■ DIRECTIONS FOR THIS TASK
From the records below, count the lines containing the word "else" and give only that number.

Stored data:

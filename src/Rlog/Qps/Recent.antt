-- ===== src/Rlog/Qps/Recent.antt =====
-- The records that `RLogServiceImpl::aggregate_qps` of rlog/log_service_impl.cc keeps.
use simple_rpc.Prelude.{
  ℕ, ◌+◌, ◌*◌, ◌≤◌, ◌<◌, ◌≡◌, refl, sym, ap, arith, true, false, Bool-cases, inl, inr, List, [],
  ◌∷◌, ◌++◌, All, if◌then◌else◌, ltb, if_case,
}
use simple_rpc.Prelude.Fault.{Gives, gives}
use simple_rpc.Rlog.Qps.{second, AggQpsRecord, drop_old}

-- The times go up.
abbrev pub InOrder : List AggQpsRecord → Type 0
InOrder [] = Unit {0}
InOrder (r ∷ records) = All (λ s. r.tm ≤ s.tm) records × InOrder records

-- The records of the last five minutes.
abbrev pub recent : ℕ → List AggQpsRecord → List AggQpsRecord
recent now [] = []
recent now (r ∷ records) =
    let rest = recent now records in if ltb (r.tm + 300 * second) now then rest else r ∷ rest

pub ltb→lt : (a b : ℕ) → ltb a b ≡ true → a < b
ltb→lt a b h = ground arith

ge→ltb : (a b : ℕ) → b ≤ a → ltb a b ≡ false
ge→ltb a b h = ground arith

ltb→ge : (a b : ℕ) → ltb a b ≡ false → b ≤ a
ltb→ge a b h = ground arith

recent_all :
    (now : ℕ) (r : AggQpsRecord) (records : List AggQpsRecord)
    → now ≤ r.tm + 300 * second
    → All (λ s. r.tm ≤ s.tm) records
    → recent now records ≡ records
recent_all now r [] h o = refl
recent_all now r (s ∷ records) h (le, o) =
    rw (ge→ltb (s.tm + 300 * second) now (omega arith))
      (ap (λ t. s ∷ t) (recent_all now r records h o))

pub drop_old-recent :
    (now : ℕ) (records : List AggQpsRecord) (last : AggQpsRecord)
    → InOrder (records ++ (last ∷ []))
    → last.tm ≡ now
    → Gives
        (λ kept. kept ≡ recent now (records ++ (last ∷ [])))
        (drop_old now (records ++ (last ∷ [])))
unfolding drop_old
drop_old-recent now [] last h e =
    rw (ge→ltb (last.tm + 300 * second) now (omega arith)) (gives refl)
drop_old-recent now (r ∷ records) last (first, h) e =
    elim (Bool-cases (ltb (r.tm + 300 * second) now)) [
      | inl old ↦ rw old (drop_old-recent now records last h e)
      | inr new ↦ rw new (
          gives (
            ap (λ t. r ∷ t)
              (sym (
                recent_all now r (records ++ (last ∷ [])) (ltb→ge (r.tm + 300 * second) now new)
                  first))))
    ]

pub All-append :
    (P : AggQpsRecord → Type 0) (rs : List AggQpsRecord) (last : AggQpsRecord)
    → All P rs
    → P last
    → All P (rs ++ (last ∷ []))
All-append P [] last o l = (l, tt)
All-append P (s ∷ rs) last (o, os) l = (o, All-append P rs last os l)

pub InOrder-append :
    (records : List AggQpsRecord) (last : AggQpsRecord)
    → InOrder records
    → All (λ r. r.tm ≤ last.tm) records
    → InOrder (records ++ (last ∷ []))
InOrder-append [] last h le = (tt, tt)
InOrder-append (r ∷ records) last (first, h) (le, les) =
    (All-append (λ s. r.tm ≤ s.tm) records last first le, InOrder-append records last h les)

pub All-recent :
    (P : AggQpsRecord → Type 0) (now : ℕ) (records : List AggQpsRecord)
    → All P records
    → All P (recent now records)
All-recent P now [] h = tt
All-recent P now (r ∷ records) (h, hs) =
    if_case (All P) (ltb (r.tm + 300 * second) now) (λ e. All-recent P now records hs)
      (λ e. (h, All-recent P now records hs))

pub InOrder-recent :
    (now : ℕ) (records : List AggQpsRecord) → InOrder records → InOrder (recent now records)
InOrder-recent now [] h = tt
InOrder-recent now (r ∷ records) (first, h) =
    if_case InOrder (ltb (r.tm + 300 * second) now) (λ e. InOrder-recent now records h)
      (λ e. (All-recent (λ s. r.tm ≤ s.tm) now records first, InOrder-recent now records h))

■ RESPONSE TO THIS TASK
2